Asset management trends: A return to consolidation


Inorganic growth may be an answer to volatility


In December 2022, Moody’s downgraded its outlook for the global asset management industry from stable to negative, citing factors such as:

  • An operating environment that has grown dramatically more volatile since central banks began raising interest rates and Russia invaded Ukraine and
  • A decline in industry assets under management (AUM) of over 15% during 2022 from a near high of $126 trillion at the start of the year.

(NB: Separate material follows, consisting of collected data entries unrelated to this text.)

-- ===== src/Database/Sample.antt =====
-- A collection in memory that behaves as documented, for the tests: its state is its rows.
use framework_module_resizer.Prelude.{
  ℕ, ◌≤◌, String, Bool, true, false, ◌&&◌, Option, none, some, List, [], ◌∷◌, ◌++◌, ◌≡◌, refl, ap,
  any, Memᴰ-middle, All, arith, leb,
}
use framework_module_resizer.Database.{
  duplicate_key, Reply, done, threw, Collection, FoundAndUpdated, Found, Created, IsCollection,
}

-- The matching row with the least key, with the rows before and after it.
record Pick (Doc : Type 0) : Type 0 where
  before : List Doc
  row : Doc
  after : List Doc

module _ {Doc : Type 0} where
  better : Bool → Doc → List Doc → Pick Doc → Pick Doc
  better true d ds p = record { before = []; row = d; after = ds }
  better false d ds p = record { before = d ∷ p.before; row = p.row; after = p.after }

  first_of_two : Bool → (Pick Doc → Bool) → Doc → List Doc → Option (Pick Doc) → Option (Pick Doc)
  unfolding better
  first_of_two true wins d ds none = some (record { before = []; row = d; after = ds })
  first_of_two false wins d ds none = none
  first_of_two fits wins d ds (some p) = some (better (fits && wins p) d ds p)

  module _ (filter : Doc → Bool) (sort : Doc → ℕ) where
    pick : List Doc → Option (Pick Doc)
    unfolding first_of_two
    pick [] = none
    pick (d ∷ ds) = first_of_two (filter d) (λ p. leb (sort d) (sort p.row)) d ds (pick ds)

    data Picked (ds : List Doc) (o : Option (Pick Doc)) : Type 0 where
      nothing : All (λ d. filter d ≡ false) ds → o ≡ none → Picked ds o
      one :
          (p : Pick Doc)
          → ds ≡ p.before ++ (p.row ∷ p.after)
          → filter p.row ≡ true
          → All (λ d. filter d ≡ true → sort p.row ≤ sort d) ds
          → o ≡ some p
          → Picked ds o

    weaken :
        (n : ℕ) (m : ℕ) (ds : List Doc)
        → n ≤ m
        → All (λ d. filter d ≡ true → m ≤ sort d) ds
        → All (λ d. filter d ≡ true → n ≤ sort d) ds
    weaken n m [] le h = tt
    weaken n m (d ∷ ds) le (h, hs) =
        (λ e. let k : m ≤ sort d = h e in omega arith, weaken n m ds le hs)

    vacuous :
        (n : ℕ) (ds : List Doc)
        → All (λ d. filter d ≡ false) ds
        → All (λ d. filter d ≡ true → n ≤ sort d) ds
    vacuous n [] h = tt
    vacuous n (d ∷ ds) (h, hs) = (λ e. cc, vacuous n ds hs)

    pick-cons :
        (d : Doc) (ds : List Doc) (fits : Bool)
        → filter d ≡ fits
        → (o : Option (Pick Doc)) → Picked ds o
        → Picked (d ∷ ds) (first_of_two fits (λ p. leb (sort d) (sort p.row)) d ds o)
    unfolding first_of_two
    pick-cons d ds true e o (nothing h q) =
        rw q (one _ refl e ((λ _. omega arith, vacuous (sort d) ds h)) refl)
    pick-cons d ds false e o (nothing h q) = rw q (nothing (e, h) refl)
    pick-cons d ds fits e o (one p was fit least q) =
        rw q (decide (fits && leb (sort d) (sort p.row)) refl)
      where
        decide :
            (b : Bool)
            → fits && leb (sort d) (sort p.row) ≡ b
            → Picked (d ∷ ds) (some (better b d ds p))
        decide true w =
            one _ refl (ground arith)
              (λ _. omega arith, weaken (sort d) (sort p.row) ds (ground arith) least) refl
        decide false w = one _ (ap (λ t. d ∷ t) was) fit (λ g. ground arith, least) refl

    pick-Picked : (ds : List Doc) → Picked ds (pick ds)
    unfolding pick
    pick-Picked [] = nothing tt refl
    pick-Picked (d ∷ ds) = pick-cons d ds (filter d) refl (pick ds) (pick-Picked ds)

module _ {Doc : Type 0} where
  written : (Doc → Doc) → List Doc → Option (Pick Doc) → Reply (Option Doc) × List Doc
  written update ds none = (done none, ds)
  written update ds (some p) = (done (some (update p.row)), p.before ++ (update p.row ∷ p.after))

  row_of : Option (Pick Doc) → Option Doc
  row_of none = none
  row_of (some p) = some p.row

  inserted : Bool → List String → Doc → List Doc → Reply Doc × List Doc
  inserted true keys d ds = (threw (duplicate_key (some keys)), ds)
  inserted false keys d ds = (done d, ds ++ d ∷ [])

  -- `keys` is the key pattern of the index that `clash` stands for, and `fresh` makes the ids.
  unfoldable pub sample :
      (Doc → Doc → Bool) → List String → (List Doc → String) → Collection Doc (List Doc)
  unfolding written row_of inserted pick
  sample clash keys fresh = record {
    create = λ f ds. inserted (any (λ d. clash d (f (fresh ds))) ds) keys (f (fresh ds)) ds;
    find_one = λ filter ds. done (row_of (pick filter (λ _. 0) ds));
    find_one_and_update = λ filter update sort ds. written update ds (pick filter sort ds);
  }

  none_of_any : (p : Doc → Bool) (ds : List Doc) → any p ds ≡ false → All (λ d. p d ≡ false) ds
  none_of_any p [] h = tt
  none_of_any p (d ∷ ds) h = (ground arith, none_of_any p ds (ground arith))

  module _ (clash : Doc → Doc → Bool) (keys : List String) (fresh : List Doc → String) where
    sample-creates :
        (f : String → Doc) (ds : List Doc)
        → Created clash f ds
            ((sample clash keys fresh).create f ds).1
            ((sample clash keys fresh).create f ds).0
    unfolding sample
    sample-creates f ds = by_test (any (λ d. clash d (f (fresh ds))) ds) refl
      where
        by_test :
            (b : Bool)
            → any (λ d. clash d (f (fresh ds))) ds ≡ b
            → Created clash f ds
                (inserted b keys (f (fresh ds)) ds).1
                (inserted b keys (f (fresh ds)) ds).0
        by_test true e = Created.failed (duplicate_key (some keys)) refl refl
        by_test false e = Created.stored (fresh ds) (none_of_any _ ds e) refl refl

    sample-finds :
        (filter : Doc → Bool) (ds : List Doc)
        → Found filter ds ((sample clash keys fresh).find_one filter ds)
    unfolding sample
    sample-finds filter ds = by_pick (pick filter (λ _. 0) ds) (pick-Picked filter (λ _. 0) ds)
      where
        by_pick :
            (o : Option (Pick Doc))
            → Picked filter (λ _. 0) ds o
            → Found filter ds (done (row_of o))
        by_pick o (nothing h e) = rw e (Found.absent h refl)
        by_pick o (one p was fit least e) =
            rw e (Found.found p.row (rw was (Memᴰ-middle p.before p.row p.after)) fit refl)

    sample-updates :
        (filter : Doc → Bool) (update : Doc → Doc) (sort : Doc → ℕ) (ds : List Doc)
        → FoundAndUpdated filter update sort ds
            ((sample clash keys fresh).find_one_and_update filter update sort ds).1
            ((sample clash keys fresh).find_one_and_update filter update sort ds).0
    unfolding sample
    sample-updates filter update sort ds =
        by_pick (pick filter sort ds) (pick-Picked filter sort ds)
      where
        by_pick :
            (o : Option (Pick Doc))
            → Picked filter sort ds o
            → FoundAndUpdated filter update sort ds (written update ds o).1 (written update ds o).0
        by_pick o (nothing h e) = rw e (FoundAndUpdated.unmatched h refl refl)
        by_pick o (one p was fit least e) = rw e (
            FoundAndUpdated.matched p.row
              (record {
                before = p.before;
                after = p.after;
                was = was;
                becomes = refl;
                fits = fit;
                first = least;
              })
              refl)

    -- The collection in memory behaves as a collection must.
    pub sample-IsCollection : IsCollection (sample clash keys fresh) (λ ds. ds) clash
    sample-IsCollection = record {
      creates = sample-creates;
      finds = sample-finds;
      updates = sample-updates;
    }
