-- ===== src/Database/Unique.antt =====
-- What a unique index guarantees of the rows of a collection, and which writes keep it.
use framework_module_resizer.Prelude.{
  Bool, false, List, [], ◌∷◌, ◌++◌, ◌≡◌, All, All-append, All-remove,
}

module _ {Doc : Type 0} (clash : Doc → Doc → Bool) where
  -- No two rows clash.
  abbrev pub NoClash : List Doc → Type 0
  NoClash [] = Unit
  NoClash (d ∷ ds) = All (λ e. clash d e ≡ false) ds × NoClash ds

  pub NoClash-append :
      (ds : List Doc) (x : Doc)
      → NoClash ds
      → All (λ d. clash d x ≡ false) ds
      → NoClash (ds ++ x ∷ [])
  NoClash-append [] x h k = (tt, tt)
  NoClash-append (d ∷ ds) x (here, h) (k, ks) =
      (All-append (λ e. clash d e ≡ false) ds (x ∷ []) here (k, tt), NoClash-append ds x h ks)

  module _ (row row' : Doc) (left : (e : Doc) → clash row e ≡ false → clash row' e ≡ false)
      (right : (e : Doc) → clash e row ≡ false → clash e row' ≡ false) where
    clear-row' :
        (ds : List Doc) → All (λ e. clash row e ≡ false) ds → All (λ e. clash row' e ≡ false) ds
    clear-row' [] h = tt
    clear-row' (d ∷ ds) (h, hs) = (left d h, clear-row' ds hs)

    clear_one :
        (d : Doc) (before after : List Doc)
        → All (λ e. clash d e ≡ false) (before ++ (row ∷ after))
        → All (λ e. clash d e ≡ false) (before ++ (row' ∷ after))
    clear_one d [] after (h, hs) = (right d h, hs)
    clear_one d (b ∷ before) after (h, hs) = (h, clear_one d before after hs)

    -- A row may be replaced by one that clashes with no more.
    pub NoClash-replace :
        (before after : List Doc)
        → NoClash (before ++ (row ∷ after))
        → NoClash (before ++ (row' ∷ after))
    NoClash-replace [] after (h, hs) = (clear-row' after h, hs)
    NoClash-replace (b ∷ before) after (h, hs) =
        (clear_one b before after h, NoClash-replace before after hs)

  pub NoClash-remove :
      (before after : List Doc) (x : Doc)
      → NoClash (before ++ (x ∷ after))
      → NoClash (before ++ after)
  NoClash-remove [] after x (h, hs) = hs
  NoClash-remove (b ∷ before) after x (h, hs) =
      (All-remove (λ e. clash b e ≡ false) before after x h, NoClash-remove before after x hs)
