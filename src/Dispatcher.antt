-- ===== src/Dispatcher.antt =====
-- dispatcher.ts: one dispatch of missing variants to the task queue, with the gate lock beside a
-- queue that does not gate by task, and what a read makes of its outcome. The carrier of the queue
-- name, its timing, the canonical form of the variants and the fresh lock owner are arguments; the
-- logging, and the flags that only limit it, are left out.
pub mod Gate
pub mod Variants
pub mod Confirm
pub mod Regroup
pub mod Kept
pub mod Partition
pub mod Held
pub mod Accepted
pub mod Enqueue
mod Tests
use framework_module_resizer.Prelude.{
  ℕ, min, String, Bool, true, false, Option, none, some, List, [], ◌∷◌, length, str_eq,
  if◌then◌else◌,
}
use framework_module_resizer.Types.{
  MissingPreview, NewTask, TaskAddResult, added, in_flight, unconfirmed,
}
use framework_module_resizer.Database.{Failure, Reply, done, threw}
use framework_module_resizer.Locks.{LockStore}
use framework_module_resizer.Keys.{gate_key}

-- What `add` of a carrier resolves with: `said_added` with its task id when that is a text, another
-- status of the contract, or anything else.
pub data RawResult : Type 0 where
  said_added : Option String → RawResult
  said_in_flight : Option String → RawResult
  said_unconfirmed : RawResult
  malformed : RawResult

-- `AddOutcome`
pub data AddOutcome : Type 0 where
  result : TaskAddResult → AddOutcome
  add_failed : Failure → AddOutcome
  invalid : (stored : Bool) → AddOutcome

-- `DispatchOutcome`
pub data DispatchOutcome : Type 0 where
  tried : AddOutcome → DispatchOutcome
  not_served timing_invalid locks_missing gate_held : DispatchOutcome
  route_failed gate_failed : Failure → DispatchOutcome

pub record Carrier (Q : Type 0) : Type 0 where
  pub gates_by_task : Bool
  pub add : NewTask → Q → Reply RawResult × Q

-- `DispatchRequest`
pub record DispatchRequest : Type 0 where
  pub media_id : String
  pub pipeline : String
  pub previews : List MissingPreview
  pub queue : String

-- `DispatcherDeps` and the coordination policy.
pub record DispatcherDeps (L : Type 0) : Type 0 where
  pub name : String
  pub locks : Option (LockStore L)
  pub gate_ttl_ms : ℕ

-- `isTaskAddResult` and the rest of `#add`: an added task needs a task id that is not empty.
abbrev added_id : String → AddOutcome
added_id id = if str_eq id "" then invalid true else result (added id)

unfoldable pub add_outcome : Reply RawResult → AddOutcome
add_outcome (threw e) = add_failed e
add_outcome (done (said_added none)) = invalid true
add_outcome (done (said_added (some id))) = added_id id
add_outcome (done (said_in_flight id)) = result (in_flight id)
add_outcome (done said_unconfirmed) = result unconfirmed
add_outcome (done malformed) = invalid false

-- `stored` of `#dispatch`: the queue holds the task, or says so.
unfoldable pub is_stored : AddOutcome → Bool
is_stored (result (added id)) = true
is_stored (invalid stored) = stored
is_stored _ = false

-- The queue's state and the lock store's.
pub record State (Q L : Type 0) : Type 0 where
  pub queue : Q
  pub locks : L

module _ {L : Type 0} (encode : String → String)
    (canonical : List MissingPreview → List MissingPreview) (deps : DispatcherDeps L)
    (req : DispatchRequest) (variants : List MissingPreview) (owner : String) (clock : ℕ → ℕ) where
  unfoldable pub task_for : Option String → NewTask
  task_for gate_owner = record {
    resizer = deps.name;
    queue = req.queue;
    media_id = req.media_id;
    pipeline = req.pipeline;
    previews = canonical variants;
    gate_owner = gate_owner;
  }

  abbrev pub request_key : String
  request_key = gate_key encode deps.name req.queue req.media_id req.pipeline

  -- The lock after an add: kept when the task is stored, shortened to one lease otherwise.
  unfoldable pub kept : LockStore L → (lease_ms : ℕ) → Bool → L → L
  kept store lease_ms true l = l
  kept store lease_ms false l =
      (store.extend request_key owner (min lease_ms deps.gate_ttl_ms) (clock 1) l).1

  module _ {Q : Type 0} where
    abbrev pub after_acquire :
        Carrier Q → LockStore L → ℕ → Q → Reply Bool × L → DispatchOutcome × State Q L
    after_acquire c store lease_ms q (threw e, l) = (gate_failed e, record { queue = q; locks = l })
    after_acquire c store lease_ms q (done false, l) = (gate_held, record { queue = q; locks = l })
    after_acquire c store lease_ms q (done true, l) =
        let (r, q') = c.add (task_for (some owner)) q in
        (
          tried (add_outcome r),
          record { queue = q'; locks = kept store lease_ms (is_stored (add_outcome r)) l },
        )

    -- Beside a carrier without gatesByTask.
    unfoldable pub dispatch_locked :
        Carrier Q → Option (LockStore L) → ℕ → State Q L → DispatchOutcome × State Q L
    unfolding kept task_for add_outcome is_stored
    dispatch_locked c none lease_ms s = (locks_missing, s)
    dispatch_locked c (some store) lease_ms s =
        after_acquire c store lease_ms s.queue
          (store.acquire request_key owner deps.gate_ttl_ms (clock 0) s.locks)

    abbrev dispatch_by : Carrier Q → ℕ → Bool → State Q L → DispatchOutcome × State Q L
    dispatch_by c lease_ms true s =
        let (r, q) = c.add (task_for none) s.queue in
        (tried (add_outcome r), record s { queue = q })
    dispatch_by c lease_ms false s = dispatch_locked c deps.locks lease_ms s

    -- `#dispatch`, with the carrier of the queue name and the lease of its timing, or why there is none.
    unfoldable pub dispatch :
        Reply (Option (Carrier Q)) → Option ℕ → State Q L → DispatchOutcome × State Q L
    unfolding dispatch_locked task_for add_outcome
    dispatch (threw e) lease_ms s = (route_failed e, s)
    dispatch (done none) lease_ms s = (not_served, s)
    dispatch (done (some c)) none s = (timing_invalid, s)
    dispatch (done (some c)) (some lease_ms) s = dispatch_by c lease_ms c.gates_by_task s

-- How a read counts a request.
pub data ReadOutcome : Type 0 where
  enqueued in_flight_already suppressed failed : ReadOutcome

-- The switch of `enqueueWithOutcome`.
unfoldable pub read_outcome : DispatchOutcome → ReadOutcome
read_outcome (tried (result (added id))) = enqueued
read_outcome (tried (result (in_flight id))) = in_flight_already
read_outcome gate_held = in_flight_already
read_outcome _ = failed
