-- ===== src/Dispatcher/Variants.antt =====
-- dispatcher.ts: the variants of a request by identity, and which of them an active task holds.
use framework_module_resizer.Prelude.{
  String, Bool, true, not, Option, none, some, List, [], ◌∷◌, ◌++◌, map, filter, str_eq,
  if◌then◌else◌, is_some,
}
use framework_module_resizer.Types.{MissingPreview, EnqueueReceipt}
use framework_module_resizer.Catalog.Groups.{lookup, group}

-- `VariantGroups`
pub record VariantGroups : Type 0 where
  pub unique : List (String × MissingPreview)
  pub conflicts : List (String × List MissingPreview)

-- A group of one variant, or of several.
abbrev pub sorted_out : String → List MissingPreview → VariantGroups → VariantGroups
sorted_out k (v ∷ []) g = record g { unique = (k, v) ∷ g.unique }
sorted_out k vs g = record g { conflicts = (k, vs) ∷ g.conflicts }

unfoldable pub sort_out : List (String × List MissingPreview) → VariantGroups
sort_out [] = record { unique = []; conflicts = [] }
sort_out ((k, vs) ∷ m) = sorted_out k vs (sort_out m)

-- `map.values()`
abbrev pub values : {A : Type 0} → List (String × A) → List A
values m = map (λ e. e.1) m

-- `map.has(k)`
abbrev pub has : {A : Type 0} → String → List (String × A) → Bool
has k m = is_some (lookup k m)

-- `map.delete(k)`
abbrev pub without : {A : Type 0} → String → List (String × A) → List (String × A)
without k m = filter (λ e. not (str_eq e.0 k)) m

abbrev pub flat : {A : Type 0} → List (List A) → List A
flat [] = []
flat (xs ∷ m) = xs ++ flat m

-- The Maps of `#confirmActive` and what it has found so far; `by_payload` gives the entry of
-- `unresolved` that has a payload.
pub record Confirming : Type 0 where
  pub unresolved : List (String × MissingPreview)
  pub by_payload : List (String × (String × MissingPreview))
  pub receipts : List EnqueueReceipt
  pub receipt_conflicts : List (String × MissingPreview)

-- One variant of a task: the request's variant of the same payload is covered.
abbrev pub cover_match :
    String
    → Option (String × MissingPreview)
    → Confirming × List MissingPreview
    → Confirming × List MissingPreview
cover_match key none s = s
cover_match key (some (id, v)) (c, covered) = (
  record c { unresolved = without id c.unresolved; by_payload = without key c.by_payload },
  covered ++ v ∷ [],
)

-- An identity of which a task holds several payloads.
abbrev pub conflict_match : String → Option MissingPreview → Confirming → Confirming
conflict_match id none c = c
conflict_match id (some v) c =
    if has id c.receipt_conflicts
    then c
    else record c { receipt_conflicts = c.receipt_conflicts ++ (id, v) ∷ [] }

unfoldable pub note_conflicts : List (String × List MissingPreview) → Confirming → Confirming
note_conflicts [] c = c
note_conflicts ((id, vs) ∷ m) c = note_conflicts m (conflict_match id (lookup id c.unresolved) c)

abbrev pub with_receipt : String → Confirming × List MissingPreview → Confirming
with_receipt task_id (c, []) = c
with_receipt task_id (c, v ∷ covered) = record c {
  receipts = c.receipts ++ record { task_id = task_id; previews = v ∷ covered } ∷ [];
}

-- `receipt.taskId.trim().length === 0`
abbrev pub is_named : (String → String) → EnqueueReceipt → Bool
is_named trim r = not (str_eq (trim r.task_id) "")

module _ (canonical : List MissingPreview → List MissingPreview)
    (identity payload : MissingPreview → String) where
  -- `groupVariants`
  unfoldable pub group_variants : List MissingPreview → VariantGroups
  unfolding sort_out group
  group_variants variants = sort_out (group (λ v. true) identity (canonical variants) [])

  -- `firstPerIdentity`: the first of each identity.
  unfoldable pub first_per_identity : List MissingPreview → List (String × MissingPreview)
  first_per_identity [] = []
  first_per_identity (v ∷ vs) =
      let rest = first_per_identity vs in (identity v, v) ∷ without (identity v) rest

  unfoldable pub cover :
      List MissingPreview → Confirming × List MissingPreview → Confirming × List MissingPreview
  cover [] s = s
  cover (w ∷ ws) s = cover ws (cover_match (payload w) (lookup (payload w) s.0.by_payload) s)

  module _ (trim : String → String) where
    unfoldable pub take_receipt : EnqueueReceipt → Confirming → Confirming
    unfolding cover note_conflicts group_variants
    take_receipt r c =
        if is_named trim r
        then with_receipt r.task_id (
            cover (values (group_variants r.previews).unique)
              (note_conflicts (group_variants r.previews).conflicts c, []))
        else c

    -- The loop over the active tasks.
    unfoldable pub take_receipts : List EnqueueReceipt → Confirming → Confirming
    unfolding take_receipt
    take_receipts [] c = c
    take_receipts (r ∷ rs) c = take_receipts rs (take_receipt r c)

  -- `unresolved` and `unresolvedByPayload` before the loop. The requested variants have distinct
  -- identities, and so distinct payloads.
  unfoldable pub unresolved_of : List MissingPreview → Confirming
  unresolved_of requested = record {
    unresolved = map (λ v. (identity v, v)) requested;
    by_payload = map (λ v. (payload v, (identity v, v))) requested;
    receipts = [];
    receipt_conflicts = [];
  }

Here’s what to expect next.


Volatility — and its downward pressure on AUM — should persist in 2023, as will rising operating costs and client demands for lower fees, according to a January Pensions & Investments article. Pricing pressure has been an industry challenge for years but worsened measurably in 2022 as inflation rose and the large market returns of previous years disappeared.


The likely result? Asset managers’ profit margins and their ability to grow AUM organically will continue to be a challenge — with no relief from traditionally more lucrative products, such as actively managed mutual funds. Their underperformance has led investors to flee to low-cost investments like exchange-traded funds (ETFs), another trend expected to outlive 2023.


On the upside, managers are expected to continue seeing organic inflows into ESG allocations this year, despite poor performance in 2022 compared with non-ESG funds.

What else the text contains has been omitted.